I looked at my Facebook social timeline and saw how it is basically an explosion of friends stemming from BlogHer 2005. That’s so amazing. And as a feminist I appreciate, especially, the connections with other women, so often disrupted by capitalism, nuclear families, and all the pressures of our lives under patriarchy. BlogHer helps me live my life more the way I have always wanted to, with strong ties to other women.

Actually, Woolfcamp helped that too. And I still hope to see others do some decentralized women-blogging and tech meetups that are small unconferences, just get together with your laptops and start showing each other all your geeky stuff, even just how you blog and what tools you use. And I guarantee that among 3 or 4 people you will all learn something and be fortified and inspired. It is a sort of nucleation and sharing of information that makes everyone involved become bigger.

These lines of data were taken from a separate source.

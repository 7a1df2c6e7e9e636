-- ===== src/Workspace.antt =====
-- internal/sandbox/workspace_snapshot.go: snapshots of a workspace as copies of its tree of files.
pub mod Tree
pub mod Lookup
pub mod Sync
pub mod Walk
pub mod Stale
pub mod Mirror
pub mod Success
pub mod Conflict
pub mod Ordered
pub mod RoundTrip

Back to the practical universe. I will be flying out on Wednesday, will stay with my sister-in-law and her family one night in Oak Park, and then off to the W Hotel. I am rooming with SJ of I, Asshole, one of my earliest blog friends. Actually I was her stalker for a while until she noticed me in her comments (as is so common with these blog friendships!). And with her friend Shauny who I don’t know but who I’m sure will be fun. BLOG PARTY IN MY ROOM and you are all invited.

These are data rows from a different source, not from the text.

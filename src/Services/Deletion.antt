-- ===== src/Services/Deletion.antt =====
-- What a deletion writes to the audit log, for the deletions of services/expenses.go and
-- services/admin.go.
pub mod Expense
pub mod Group
use expense_splitter.Prelude.{refl, [], ◌∷◌, ◌++◌}
use expense_splitter.Types.ApiError.{ApiError}
use expense_splitter.Store.{AuditRow, Db}
use expense_splitter.Store.Action.{run}
use expense_splitter.Store.Hoare.{Replies-if, Triple, Triple-run}
use expense_splitter.Store.Audit.{create_audit_entry}
use expense_splitter.Services.Frame.{Anywhere, anywhere}
use expense_splitter.Services.Readings.{Still}

-- The database with one more entry in the audit log.
abbrev pub with_entry : AuditRow → Db → Db
with_entry e db = record db { audit_log = db.audit_log ++ (e ∷ []) }

pub run_audit :
    (db1 : Db) (e : AuditRow) (x : ApiError)
    → Triple (Still db1) (run (create_audit_entry e) x) (λ u. Still (with_entry e db1)) Anywhere
unfolding create_audit_entry
run_audit db1 e x =
    Triple-run _ x (anywhere _)
      λ id now db h. rw h (Replies-if (λ u. Still (with_entry e db1)) _ tt db1 _ (λ k. refl))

I will miss Grace Davis a lot and will be thinking of her and extending magic tentacles to her this week and next… and I will save up a lot of fun for her and when she is ready I will go and bring it to her house and pour it in her lap. I was thinking that a Woolfcamp in the park would be awesome. I will find a beautiful place with lots of nature AND wireless and we will all go and have a blogging picnic specially in Grace’s honor.

Meanwhile, I am gearing up to write for BlogHer again. I took a 6 month leave, because I got a full time job and an extra part time job and could not handle so much work. But I am ready to get back to blogging about blogs by women from Latin America (including the Latin America that intersects with the United States, i.e. blogs by Latina/Chicana women). I miss all the blogs I used to read and the fun emails and am looking forward to getting back into it with a weekly post. If you have a favorite blog, in Spanish or English, and I will try Portuguese as well, please send me the URL and a description of the blog and blogger and I’ll add them to my feed!

at the BlogHer launch party


January 2006 068
Originally uploaded by Jo Spanglemonkey.

I’m blogging on Latin America as a contributing editor for Blogher. Karen Walrond of Chookooloonks is also covering the region – she’s taking anything Caribbean and I’m, in theory, linking up with blogging women from the rest of Latin America. The idea is not to cover news, as Global Voices does, but instead, to look at what women are writing.

My hope is that English-speaking and Spanish-speaking women bloggers will become more aware of each other, and will jump into conversation with each other, unmediated by me, on each other’s blogs. Even if they’re monolingual, they can use automated translators like Google Language Tools or Babelfish to read each others’ posts and comments.

I’m hoping to be a good party host, introducing people to each other and facilitating the start of their conversation. Look, there I am in the photo at the BlogHer Launch Party, raising my glass… It’s a GREAT party.

If even a few people become aware of each other, I’ll be so happy! And at the very least, English speaking bloggers will become more aware they aren’t the only ones talking. I hope that I can serve as a translator, though I’ll be an imperfect one, to help make this happen.

My other very strong hope is that someone will step up and “cover” blogging-women’s Brazil, because I’m already overwhelmed and I don’t know Portuguese! There are so many fantastic Brazilian bloggers, I’d go crazy trying to read everything.
Thanks to BlogHer founders Lisa Stone, Elisa Camahort, and Jory Des Jardines for a great site and a fun party!